WHAT IS REQUIRED :: Please copy out the lines in the entries that contain "List".

STUDY MATERIAL ::

● ● ● ● ● ● ●

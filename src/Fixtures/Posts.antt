-- ===== src/Fixtures/Posts.antt =====
-- A database that logs its statements and refuses an upsert, a store over it with a text cell and a
-- side table, and an entity with this store.
use editrig_go.Base.{sym, ap, refl, true, Option, none, some, List, [], ◌∷◌, String}
use editrig_go.Json.{Value, Data, str, null, obj, member, end, bool}
use editrig_go.Errors.{Failure, plain}
use editrig_go.Jet.Sql
use editrig_go.Jet.Sql.{
  SqlTable, SqlColumn, Statement, Query, Scanned, Database, IsTransactional, Ran, ok, failed,
  crashed, is_ok, ok_inj, ◌>>=◌, continue, reading, each, exec, is_crashed,
}
use editrig_go.Jet.Values.{Library}
use editrig_go.Jet.Column.{Column, KeyedTable}
use editrig_go.Jet.Column.Cells.{text_cell, cell}
use editrig_go.Jet.Satellite.{keyed_strings, clear_set_null}
use editrig_go.Jet.Store.{returned, Store}
use editrig_go.Jet.Store.Stays.{
  StaysStore, StaysCell, no_cells, and_cell, StaysCell-of_none, StaysCell-keyed_strings,
}

abbrev pub shown : Value → String
shown (str s) = s
shown _ = ""

abbrev pub toy_library : Library
toy_library = record {
  as_any = λ s. null;
  float_of_int = λ n. "1";
  sprint = shown;
  marshal = λ v. none;
  unmarshal = λ s. none;
  parse_time = λ layout s. some s;
  format_time = λ layout t. t;
  utc = λ t. t;
  pg_code = λ e. some "23503";
}

-- A state is the log of the statements, a transaction the log at its start and the present one.
abbrev pub Log : Type 0
Log = List Statement

abbrev pub refusal : Statement → Option Failure
refusal (Statement.upsert t cols vals target sets) = some (plain "not null")
refusal (Statement.delete t c) = some (plain "still referenced")
refusal _ = none

-- One row while there is a log.
abbrev pub values_of : List Sql.Projection → List Scanned
values_of [] = []
values_of (p ∷ ps) = Sql.other (str "old") ∷ values_of ps

abbrev pub answer_of : Query → Log → Ran (List (List Scanned))
answer_of q [] = ok []
answer_of (Query.select ps t c order) (x ∷ log) = ok (values_of ps ∷ [])
answer_of (Query.exists col t c) (x ∷ log) = ok ((Sql.other (bool true) ∷ []) ∷ [])

abbrev pub toy_db : Database Log (Log × Log)
toy_db = record {
  begin = λ s. ok (s, s);
  exec = λ q t. (refusal q, (t.0, q ∷ t.1));
  visible = λ t. t.1;
  query = answer_of;
  commit = λ t. (none, t.1);
  rollback = λ t. t.0;
}

pub toy_law : IsTransactional toy_db
toy_law = record {
  origin = λ t. t.0;
  begin_origin = λ s t e. sym (ap (λ (u : Log × Log). u.0) (ok_inj e));
  exec_origin = λ q t. refl;
  rollback_origin = λ t. refl;
  commit_failed = λ t f e. absurd (cc);
}

abbrev pub posts : SqlTable
posts = record { schema = "public"; name = "posts" }

abbrev pub post_names : KeyedTable
post_names = record {
  src = record { schema = "public"; name = "post_names" };
  parent = record { table = "post_names"; name = "post_id" };
  key = record { table = "post_names"; name = "locale" };
  parent_type = "uuid";
  key_type = "";
}

abbrev pub title_column : SqlColumn
title_column = record { table = "posts"; name = "title" }

abbrev pub Cell : Type 0
Cell = Column Log (Log × Log)

abbrev pub title_cell : Cell
title_cell = text_cell title_column

abbrev pub names_cell : Cell
names_cell =
    keyed_strings toy_library toy_db post_names (record { table = "post_names"; name = "name" })
      clear_set_null

abbrev pub post_store : Store Log (Log × Log)
post_store = record {
  table = record {
    src = posts;
    id = record { table = "posts"; name = "id" };
    cols =
        record { name = "title"; column = title_cell }
        ∷ record { name = "names"; column = names_cell }
        ∷ [];
  };
  touch = none;
  create = none;
  on_write = some λ id changes created s. returned [];
}

pub title-Stays : StaysCell toy_law title_cell
unfolding text_cell cell
title-Stays = StaysCell-of_none title_cell refl

pub post_store-Stays : StaysStore toy_law post_store
post_store-Stays = record {
  cells =
      and_cell title-Stays (and_cell (StaysCell-keyed_strings toy_library post_names _ _) no_cells);
  create = λ f e input. absurd (cc);
}

abbrev pub one_post : Log
one_post = Statement.insert posts [] [] ∷ []

abbrev pub stored_post : Data
stored_post = ("title", str "old") ∷ []

abbrev pub post_input : Data
post_input = ("title", str "Lamp") ∷ ("names", obj (member "de" (str "Leuchte") end)) ∷ []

● ● ● ● ● ● ●

COMPLETED EXERCISE ::
use editrig_go.Base.{sym, ap, refl, true, Option, none, some, List, [], ◌∷◌, String}
Log = List Statement
abbrev pub values_of : List Sql.Projection → List Scanned
abbrev pub answer_of : Query → Log → Ran (List (List Scanned))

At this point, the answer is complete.